Ana Sá Lopes – i online, opinião
Como é possível que
a Europa do Sul não discuta em conjunto a saída do euro?
Com a honrosa
excepção da famosa fotografia tirada em vestido de noite, que mais à frente se
reproduz, a imagem de Angela Merkel é um prodígio de identificação com o velho
estereótipo da “fraülein” – a preceptora de meninos dura e castigadora. Também
este cliché contribui para personalizar no rosto do poder alemão a aversão a
uma política que está a atirar a Europa para uma recessão profunda, a Grécia,
Portugal, Espanha e Itália para as trevas e a própria Alemanha para o
crescimento zero.
E, no entanto, se amanhã
Merkel desaparecesse do mapa político alemão, tudo ficaria na mesma na Europa.

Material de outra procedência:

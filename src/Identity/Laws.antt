-- ===== src/Identity/Laws.antt =====
-- Laws of app/services/identity_authority.py, with the resolver of
-- app/services/deployment_authority.py.
use maoxx_os.Prelude.{
  ℕ, ◌+◌, ◌≡◌, refl, String, ◌<>◌, Bool, true, false, ◌&&◌, Option, none, some, List, [], ◌∷◌, ok,
  arith, bind-ok, raise_if, raise_if-ok, Bool-cases, inl, inr, find, subst, sym, ap, !=_false→≡,
  leb, integrity_error, ◌>>◌, nat_eq, string_eq, option_eq, ◌==◌, ==→≡, ==_refl, Uuid, Time,
  Hashing,
}
use maoxx_os.Tables.{Db, Principal, ExternalIdentity}
use maoxx_os.Deployment.Authority.{
  mapped_rows, only_row, external_identity_fingerprint, resolve_feishu_principal,
}
use maoxx_os.Identity.{
  principal_of_id, is_active, current_mapping, close_mapping, Assignment, new_mapping,
  insert_mapping, replace_mapping, human_required, assign, assign_feishu_identity,
}

module _ (tenant subject : String) where
  abbrev pub NoneActive : List ExternalIdentity → Type 0
  NoneActive [] = Unit
  NoneActive (m ∷ ms) = (is_active tenant subject m ≡ false) × NoneActive ms

  -- At most one mapping of the identity is active.
  abbrev pub OneActive : List ExternalIdentity → Type 0
  OneActive [] = Unit
  OneActive (m ∷ ms) = ((is_active tenant subject m ≡ true) → NoneActive ms) × OneActive ms

  NoneActive-OneActive : (ms : List ExternalIdentity) → NoneActive ms → OneActive ms
  NoneActive-OneActive [] h = tt
  NoneActive-OneActive (m ∷ ms) (h, rest) = (λ _. rest, NoneActive-OneActive ms rest)

  closed :
      (m : ExternalIdentity) (now : Time)
      → is_active tenant subject (record m { valid_to = some now }) ≡ false
  unfolding is_active
  closed m now = ground arith

  close-NoneActive :
      (now : Time) (ms : List ExternalIdentity)
      → OneActive ms
      → NoneActive (close_mapping tenant subject now ms)
  unfolding close_mapping
  close-NoneActive now [] h = tt
  close-NoneActive now (m ∷ ms) (h, rest) = elim (Bool-cases (is_active tenant subject m)) [
    | inl active ↦ rw active (closed m now, h active)
    | inr passed ↦ rw passed (passed, close-NoneActive now ms rest)
  ]

  none_current :
      (ms : List ExternalIdentity) → current_mapping tenant subject ms ≡ none → NoneActive ms
  unfolding current_mapping find
  none_current [] h = tt
  none_current (m ∷ ms) h = (ground arith, none_current ms (ground arith))

  no_rows :
      (ps : List Principal) (ms : List ExternalIdentity)
      → NoneActive ms
      → mapped_rows tenant subject ps ms ≡ []
  unfolding mapped_rows is_active
  no_rows ps [] h = refl
  no_rows ps (m ∷ ms) (h, rest) = rw (h, no_rows ps ms rest) refl

  -- The principal that is joined to the mapping.
  joined :
      (id : Uuid) (ps : List Principal) (p : Principal)
      → principal_of_id id ps ≡ some p
      → p.principal_type ≡ "HUMAN"
      → find (λ q. q.id == id && q.principal_type == "HUMAN") ps ≡ some p
  unfolding principal_of_id find
  joined id [] p h human = cc
  joined id (q ∷ ps) p h human = elim (Bool-cases (q.id == id)) [
    | inl here ↦ let same : q ≡ p = ground arith in rw (here, same, human) refl
    | inr later ↦ rw later (joined id ps p (rw later at h) human)
  ]

  sole_rows :
      (ps : List Principal) (ms : List ExternalIdentity) (m : ExternalIdentity) (p : Principal)
      → OneActive ms
      → current_mapping tenant subject ms ≡ some m
      → principal_of_id m.principal_id ps ≡ some p
      → p.principal_type ≡ "HUMAN"
      → mapped_rows tenant subject ps ms ≡ (m, p) ∷ []
  unfolding mapped_rows current_mapping find is_active
  sole_rows ps [] m p h c j human = cc
  sole_rows ps (n ∷ ms) m p (h, rest) c j human = elim (Bool-cases (is_active tenant subject n)) [
    | inl active ↦
        let same : n ≡ m = ground arith in
        let j' : principal_of_id n.principal_id ps ≡ some p =
          subst (λ (k : ExternalIdentity). principal_of_id k.principal_id ps ≡ some p) (sym same)
            j in
        rw (active, joined n.principal_id ps p j' human, no_rows ps ms (h active))
          (ap (λ (k : ExternalIdentity). (k, p) ∷ []) same)
    | inr passed ↦ rw passed (sole_rows ps ms m p rest (rw passed at c) j human)
  ]

-- The two ways in which an assignment ends.
module _ (a : Assignment) (now : Time) (raced : Bool) (new_id : Uuid) (db : Db) where
  -- What an assignment leaves of the identity it assigns.
  pub record Mapped (m : ExternalIdentity) (after : Db) : Type 0 where
    pub principal : m.principal_id ≡ a.principal_id
    pub current : current_mapping a.tenant a.subject after.external_identities ≡ some m
    pub one_active : OneActive a.tenant a.subject after.external_identities
    pub same_principals : after.principals ≡ db.principals

  new_active :
      (version : ℕ) → is_active a.tenant a.subject (new_mapping a version now new_id) ≡ true
  unfolding is_active
  new_active version = rw (==_refl a.tenant, ==_refl a.subject) refl

  inserted :
      (version : ℕ) (rows : List ExternalIdentity) (m : ExternalIdentity) (after : Db)
      → NoneActive a.tenant a.subject rows
      → insert_mapping (new_mapping a version now new_id) raced rows db ≡ ok (m, after)
      → Mapped m after
  unfolding insert_mapping
  inserted version rows m after none_active h =
      let new = new_mapping a version now new_id in
      let (same_m, same_after) : (m ≡ new)
          × (after ≡ record db { external_identities = new ∷ rows }) =
        ground arith in
      rw (same_m, same_after)
        (record {
          principal = refl;
          current = unfold current_mapping find in rw (new_active version) refl;
          one_active = (λ _. none_active, NoneActive-OneActive a.tenant a.subject rows none_active);
          same_principals = refl;
        })

  replaced :
      (o : Option ExternalIdentity) (m : ExternalIdentity) (after : Db)
      → current_mapping a.tenant a.subject db.external_identities ≡ o
      → OneActive a.tenant a.subject db.external_identities
      → replace_mapping a now raced new_id db o ≡ ok (m, after)
      → Mapped m after
  unfolding replace_mapping
  replaced none m after c one h =
      inserted 1 db.external_identities m after
        (none_current a.tenant a.subject db.external_identities c) h
  replaced (some n) m after c one h = elim (Bool-cases (n.principal_id == a.principal_id)) [
    | inl kept ↦
        let (same_m, same_after) : (m ≡ n) × (after ≡ db) = ground arith in
        rw (same_m, same_after)
          (record {
            principal = ==→≡ n.principal_id a.principal_id kept;
            current = c;
            one_active = one;
            same_principals = refl;
          })
    | inr moved ↦
        let rows = close_mapping a.tenant a.subject now db.external_identities in
        let h' : (raise_if (leb now n.valid_from) integrity_error
              >> insert_mapping (new_mapping a (n.mapping_version + 1) now new_id) raced rows db)
            ≡ ok (m, after) =
          rw moved at h in
        let (_, h2) =
          raise_if-ok (leb now n.valid_from) integrity_error
            (insert_mapping (new_mapping a (n.mapping_version + 1) now new_id) raced rows db) h' in
        inserted (n.mapping_version + 1) rows m after
          (close-NoneActive a.tenant a.subject now db.external_identities one) h2
  ]

  human_lem :
      (o : Option Principal) (q : Principal)
      → human_required o ≡ ok q
      → (o ≡ some q) × (q.principal_type ≡ "HUMAN")
  unfolding human_required
  human_lem none q h = cc
  human_lem (some p) q h = let human = !=_false→≡ p.principal_type "HUMAN" in ground (arith, human)

  pub assign-Mapped :
      (m : ExternalIdentity) (after : Db)
      → OneActive a.tenant a.subject db.external_identities
      → assign a now raced new_id db ≡ ok (m, after)
      → Mapped m after
        × (p : Principal) × (principal_of_id a.principal_id db.principals ≡ some p)
        × (p.principal_type ≡ "HUMAN")
  unfolding assign
  assign-Mapped m after one h =
      let (p, required, h2) =
        bind-ok (human_required (principal_of_id a.principal_id db.principals))
          (λ (_ : Principal).
            replace_mapping a now raced new_id db
              (current_mapping a.tenant a.subject db.external_identities))
          h in
      let (found, human) = human_lem (principal_of_id a.principal_id db.principals) p required in
      (
        replaced (current_mapping a.tenant a.subject db.external_identities) m after refl one h2,
        p,
        found,
        human,
      )

-- An identity that is assigned resolves to the principal it was assigned to, by the mapping that was
-- returned: whether it was new, mapped to someone else before, or mapped to the same principal
-- already. At most one mapping of it is active, if that was so before.
pub assign_feishu_identity-resolve_feishu_principal :
    (hashing : Hashing) (tenant_id open_id : String) (principal_id audit_event_id : Uuid)
    (now : Time) (raced : Bool) (new_id : Uuid) (db after : Db) (m : ExternalIdentity)
    (p : Principal) (user_id : Uuid)
    → OneActive
        (external_identity_fingerprint hashing ("tenant:" <> tenant_id))
        (external_identity_fingerprint hashing ("subject:" <> open_id))
        db.external_identities
    → assign_feishu_identity hashing tenant_id open_id principal_id audit_event_id now raced new_id
        db
      ≡ ok (m, after)
    → principal_of_id principal_id db.principals ≡ some p
    → p.user_id ≡ some user_id
    → OneActive
        (external_identity_fingerprint hashing ("tenant:" <> tenant_id))
        (external_identity_fingerprint hashing ("subject:" <> open_id))
        after.external_identities
      × (resolve_feishu_principal hashing after tenant_id open_id
          ≡ some (record {
            user_id = user_id;
            principal_id = p.id;
            mapping_id = m.id;
            mapping_version = m.mapping_version;
          }))
unfolding assign_feishu_identity resolve_feishu_principal only_row
assign_feishu_identity-resolve_feishu_principal hashing tenant_id open_id principal_id
      audit_event_id now raced new_id db after m p user_id one h found user =
    let a : Assignment = record {
      tenant = external_identity_fingerprint hashing ("tenant:" <> tenant_id);
      subject = external_identity_fingerprint hashing ("subject:" <> open_id);
      principal_id = principal_id;
      audit_event_id = audit_event_id;
    } in
    let (mapped, q, found', human) = assign-Mapped a now raced new_id db m after one h in
    let same : q ≡ p = cc in
    (
      mapped.one_active,
      rw
          (
            sole_rows a.tenant a.subject after.principals after.external_identities m p
                mapped.one_active mapped.current
                (rw (mapped.same_principals, mapped.principal) found) (rw (← same) human),
            user,
          )
          refl,
    )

O problema é mais profundo e é incurável – está em curso uma espécie de guerra
de secessão europeia, com a Mitteleurope, a Finlândia e Holanda de um lado e o
Sul pecaminoso e católico do outro. A Europa é hoje uma casa dividida – como
Lincoln chamou aos Estados Unidos no outro tempo. A única diferença é que esta
não tem cura.
A crise do euro tem
servido para trazer ao de cima tudo aquilo que esteve recalcado nos últimos 50
anos no Norte da Europa, porque havia uma urgência primacial: esquecer o
nazismo, inventar uma unidade política despojada do Mal que promovesse a
reconciliação da Alemanha com os vizinhos e, finalmente, a reunificação alemã.
Agora que o nazismo
está oficialmente esquecido, os europeus do Norte já não precisam de esconder
os seus preconceitos contra o Sul no super-ego ou lá onde é. Os fundadores da
Europa não contaram com isto, na sua ilusão de que todo o esquecimento seria
glorioso.
Digamos que, lá do
sítio de onde ela vem, há muito pior do que Merkel – na semana passada, a
chanceler levou uma reprimenda do seu conselho de sábios económicos por ter
ousado avançar com umas medidas de crescimento.
O Bundesbank não se
contentou que os europeus tivessem decidido criar o BCE à sua imagem e
semelhança – é hoje, mais ainda do que Angela Merkel, um dos mais poderosos
símbolos da ideologia que vai acabar com a Europa, porque o fim desta história
é também o fim da Europa.
O que é mais extraordinário é a total impotência que revelam os povos do Sul – no nosso caso com genuíno síndrome de Estocolmo institucional. Como é que é possível que a Europa do Sul não discuta em conjunto a saída do euro, a única arma de negociação com peso de que dispõe? Tal como está, o euro vai matar o Sul da Europa e dar pouca saúde ao Norte. Esperar uma mudança substancial na Alemanha é sonhar com ladrões.